Collected data entries
-- ===== src/Reconcile/Pods.antt =====
-- controllers/directoryservice_controller.go: claims, secrets and stateful set, in that order.
use ds_operator.Prelude.{
  ℕ, ◌<◌, pos, Bool, ◌≡◌, ◌≢◌, sym, ◌∙◌, some, Result, ok, Action, Ends, Ends-bind, Ends_mono,
  ◌>>=◌,
}
use ds_operator.Kube.Meta.{Key, key_of}
use ds_operator.Kube.Workloads.{StatefulSet}
use ds_operator.Kube.Objects.{Kind}
use ds_operator.Kube.Client.{Client}
use ds_operator.Kube.Client.Laws.{IsLawful}
use ds_operator.Ldap.{Directory}
use ds_operator.Api.Types.{DirectoryService}
use ds_operator.Claims.{reconcile_pvc}
use ds_operator.Claims.Loop.{Careful, HasClaim, claim_key, reconcile_pvc-ends}
use ds_operator.Secrets.{reconcile_secrets}
use ds_operator.Secrets.Keep.{Writable, secret_key}
use ds_operator.Secrets.Outcome.{Ready, Each-map, reconcile_secrets-Keeps}
use ds_operator.StatefulSets.{reconcile_sts}
use ds_operator.StatefulSets.Alignment.{HasContainers}
use ds_operator.StatefulSets.Updates.{Reconciled, reconcile_sts-Reconciled}
use ds_operator.Reconcile.{prepare_pods}

module _ {W : Type 0} (api : Client W) (dir : Directory W) (dev_mode debug : Bool)
    (draw : W → ℕ → ℕ → ℕ) (law : IsLawful api) (below : (w : W) (m j : ℕ) → 0 < m → draw w m j < m)
    (ds : DirectoryService) (n : ℕ) where
  abbrev pub AllClaims : W → Type 0
  AllClaims w = (j : ℕ) → j < n → HasClaim api ds j w

  abbrev pub set_at : W → Result StatefulSet
  set_at w = api.get Kind.stateful_set (key_of ds.meta) w

  -- Either the stateful set is as it was, or the claims of all replicas are there.
  abbrev pub InOrder : W → W → Type 0
  InOrder w w' = (set_at w' ≢ set_at w) → AllClaims w'

  same_claims :
      (w w' : W)
      → ((key : Key) → api.get Kind.claim key w' ≡ api.get Kind.claim key w)
      → AllClaims w
      → AllClaims w'
  same_claims w w' same all j h = let (o, g) = all j h in (o, same (claim_key api ds j) ∙ g)

  -- The claims' loop leaves the secrets as they are.
  pub Ready-Careful :
      (w w1 : W)
      → Careful api ds w w1
      → Ready api draw ds law below ds.spec.passwords w
      → Ready api draw ds law below ds.spec.passwords w1
  Ready-Careful w w1 careful ready =
      Each-map api draw ds law below (λ dn account. Writable api (secret_key api ds dn) w)
        (λ dn account. Writable api (secret_key api ds dn) w1) ds.spec.passwords
        (λ dn account h. record {
          secret = h.secret;
          there = careful.kept.at Kind.secret (secret_key api ds dn) h.secret h.there;
          entries = h.entries;
          payload = h.payload;
        })
        ready

  -- With `n` replicas, where the accounts' secrets and an existing stateful set are as the operator
  -- makes them, the three steps do not panic; if they return, the claims of all replicas are there
  -- and the stateful set has been reconciled; and even on an error the stateful set has changed
  -- only if the claims of all replicas are there.
  pub prepare_pods-InOrder :
      (w : W)
      → ds.spec.replicas ≡ some (pos n)
      → Ready api draw ds law below ds.spec.passwords w
      → ((s : StatefulSet) → set_at w ≡ ok s → HasContainers s)
      → Ends
          (prepare_pods api dir dev_mode debug draw ds)
          w
          (λ ds' w'. AllClaims w' × ((at : W) × Reconciled api debug ds ds.meta.name at ds' w'))
          (λ _ w'. InOrder w w')
  unfolding prepare_pods
  prepare_pods-InOrder w replicas ready has =
      Ends-bind (reconcile_pvc api ds) (λ x. from_secrets) w
        (Ends_mono (λ x w1 p. p)
          (λ e w1 c n. absurd (n (c.only.at Kind.stateful_set (key_of ds.meta) (λ e. cc))))
          (reconcile_pvc-ends api ds law n w replicas))
        (λ x w1 (careful, all1).
          let same1 = careful.only.at Kind.stateful_set (key_of ds.meta) (λ e. cc) in
          Ends-bind (reconcile_secrets api draw ds) (λ y. reconcile_sts api debug ds ds.meta.name)
            w1
            (Ends_mono (λ y w2 p. p)
              (λ e w2 k n.
                absurd (n (k.only.at Kind.stateful_set (key_of ds.meta) (λ e. cc) ∙ same1)))
              (reconcile_secrets-Keeps api draw ds law below w1 (Ready-Careful w w1 careful ready)))
            (λ y w2 (k, done).
              let same2 = k.only.at Kind.stateful_set (key_of ds.meta) (λ e. cc) ∙ same1 in
              let all2 = same_claims w1 w2 (λ key. k.only.at Kind.claim key (λ e. cc)) all1 in
              Ends_mono
                (λ ds' w3 made. (
                  same_claims w2 w3 (λ key. made.elsewhere Kind.claim key (λ p e. absurd cc)) all2,
                  (w2, made),
                ))
                (λ e w3 same n. absurd (n (rw same same2)))
                (reconcile_sts-Reconciled api debug ds ds.meta.name law w2
                  (λ s g. has s (sym same2 ∙ g)))))
    where
      from_secrets : Action W DirectoryService
      from_secrets =
          reconcile_secrets api draw ds >>= (λ y. reconcile_sts api debug ds ds.meta.name)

### [How to complete this task]
Which lines above contain the word "spec"? List them.

### [Solution to the exercise]
      → Ready api draw ds law below ds.spec.passwords w
      → Ready api draw ds law below ds.spec.passwords w1
        (λ dn account. Writable api (secret_key api ds dn) w1) ds.spec.passwords
      → ds.spec.replicas ≡ some (pos n)
      → Ready api draw ds law below ds.spec.passwords w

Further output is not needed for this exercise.